Here are six IT security words every person should know:

  1. Anti-Malware: If computer “viruses” are used by attackers to cause problems, good anti-malware programs are the software equivalent of vaccines. Anti-malware programs on the market vary in price; however a good product includes automatic updates, e-mail protection, access to technical support, and active scanning so that the moment a piece of malware tries to make your computer sick, they stop the infection right away. If you use a computer it should have an anti-malware program installed. If you aren’t sure if one is installed, don’t wait for the attack…. check!
  2. Data breach: Access to confidential, sensitive or personalized information. Data breaches are large pain points for organizations, particularly if the information taken can be used for committing fraud or further theft, or given to other unknown parties. A data breach may need to be reported to law enforcement and to customers who have been compromised.
  3. Patching: An update to software, typically to improve security, the is sent out by the software company for people to install themselves. Patches are developed when weak points in existing programs are found as a way to prevent attackers from using this entry to get into your system. If your device tells you a software patch is available, be sure to update.
  4. Phishing: Used in emails that contain a link. This type of security breach often directs individuals to a website that will request their password, or sometimes connects directly to a virus for downloading. Phishing is a common way cyber criminals get into systems. Unfortunately studies show that a high percentage of people click even when they know the potential dangers; up to 78%! To avoid phishing scams, the best defence is getting into the habit of copying links, even from sources you trust, and running them through a search engine or online virus checker. The extra clicks might take an extra minute of time, but will save hours and costly emergency actions if the link is a fraud.

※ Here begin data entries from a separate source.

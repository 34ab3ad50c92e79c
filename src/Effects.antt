-- ===== src/Effects.antt =====
-- What a handler of a page exchanges with its surroundings (web-src/web/src/helpers/utils.js and
-- helpers/api.js): the reply that a call of the API is awaited for, the messages that it shows,
-- and whether the handler ran to its end or threw.
pub mod Laws
use Prim.Native.String.{◌++◌}
use lite_nova.Prelude.{ℕ, Bool, true, false, String, List, ◌∷◌, Option, none, some, ◌==◌, str_eq}
use lite_nova.Prelude.{if◌then◌else◌}

-- What the user gets to see.
pub data Effect : Type 0 where
  success error info warning : String → Effect
  redirect open_window : String → Effect

-- What `showError` is called with, and what a handler throws: a text, or an error object with its
-- name, its message and, where the server answered at all, the status of `error.response`.
pub data Failure : Type 0 where
  text : String → Failure
  error_object : (name message : String) → (response : Option ℕ) → Failure

abbrev pub type_error : Failure
type_error = error_object "TypeError" "undefined" none

-- `error.message`
abbrev pub message_of : Failure → String
message_of (text m) = ""
message_of (error_object name message response) = message

-- `res.data` of a reply: `success`, `message` and `data`.
pub record Answer (A : Type 0) : Type 0 where
  pub success : Bool
  pub message : String
  pub payload : A

-- What an awaited call gives: the promise rejects, or it resolves.
pub data Reply (A : Type 0) : Type 0 where
  rejected : Failure → Reply A
  resolved : Answer A → Reply A

-- A handler ends, or it throws and leaves what it has already done.
pub data Outcome (S : Type 0) : Type 0 where
  done : S → Outcome S
  threw : Failure → S → Outcome S

-- The state that an outcome leaves.
abbrev pub after : {S : Type 0} → Outcome S → S
after (done s) = s
after (threw e s) = s

infixl 5 ◌>>=◌
abbrev pub ◌>>=◌ : {S : Type 0} → Outcome S → (S → Outcome S) → Outcome S
done s >>= k = k s
threw e s >>= k = threw e s

-- `showError` of a text: the empty text shows nothing.
unfoldable pub show_error_text : String → List Effect → List Effect
show_error_text message shown =
    if str_eq message "" then shown else error ("错误：" ++ message) ∷ shown

-- `showError` of an Axios error with a response, by the response's status.
unfoldable pub show_status : ℕ → String → List Effect → List Effect
show_status status message shown =
    if status == 401
    then redirect "/login?expired=true" ∷ shown
    else (if status == 429
        then error "错误：请求次数过多，请稍后再试！" ∷ shown
        else (if status == 500
            then error "错误：服务器内部错误，请联系管理员！" ∷ shown
            else (if status == 405
                then info "本站仅作演示之用，无服务端！" ∷ shown
                else error ("错误：" ++ message) ∷ shown)))

-- `error.response.status` of an Axios error; a missing response is a TypeError.
abbrev pub show_axios : String → Option ℕ → List Effect → Outcome (List Effect)
show_axios message none shown = threw type_error shown
show_axios message (some status) shown = done (show_status status message shown)

-- `showError`
unfoldable pub show_error : Failure → List Effect → Outcome (List Effect)
show_error (text message) shown = done (show_error_text message shown)
show_error (error_object name message response) shown =
    if str_eq message ""
    then done (error ("错误：" ++ name) ∷ shown)
    else (if str_eq name "AxiosError"
        then show_axios message response shown
        else done (error ("错误：" ++ message) ∷ shown))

  5. Ransomware: A popular new type of hack or virus that encrypts or copies information from the target onto a private server, than deletes the original. Victims of a ransomware attack are told “pay up or lose everything.” Unfortunately, ‘pay up or’ is misleading: there is no guarantee paying the price will get back your data. Evidence shows that doing so will only lead to more attacks. There is however a way to protect your interests using the sage age old advice of keeping current backups, either on the cloud or on external drives. Don’t let precious memories or hours of work go wasted…be ready if your files get hit by having copies of saved data that can be restored, so you can get back to work.
  6. Social Engineering: Using a small amount of information to find even more information that can be used to create a personalized attack. Cyber criminals are a tricky bunch and social engineering is one of the more clever tricks. The attacker finds out as much as possible about the target through searches, social media and other methods. The attacker then uses this information to connect with the target’s friend, coworker, or even the target themselves, making it look like the target wrote an email or made a request. The friend, coworker or target clicks the link, answers the request and bingo, they’ve been exposed! It’s underhanded, sneaky, and effective, which is why vigilance is so critical. Check links carefully, and if you ever receive an odd request, follow up with the party independently: a single call or verification check can mean the difference between a secure or shattered system!

With so many businesses now digitally connected, leaving security to the experts alone is not an option. Everyone needs to learn the basics, so that when security is discussed they can understand what they need to do and where they fit in. Email, document files and the internet itself were all new concepts that professionals learned to accept as part of the job; with a little practice, checking web addresses, updating software and confirming protective measures are in place can eventually become just another part of the routine.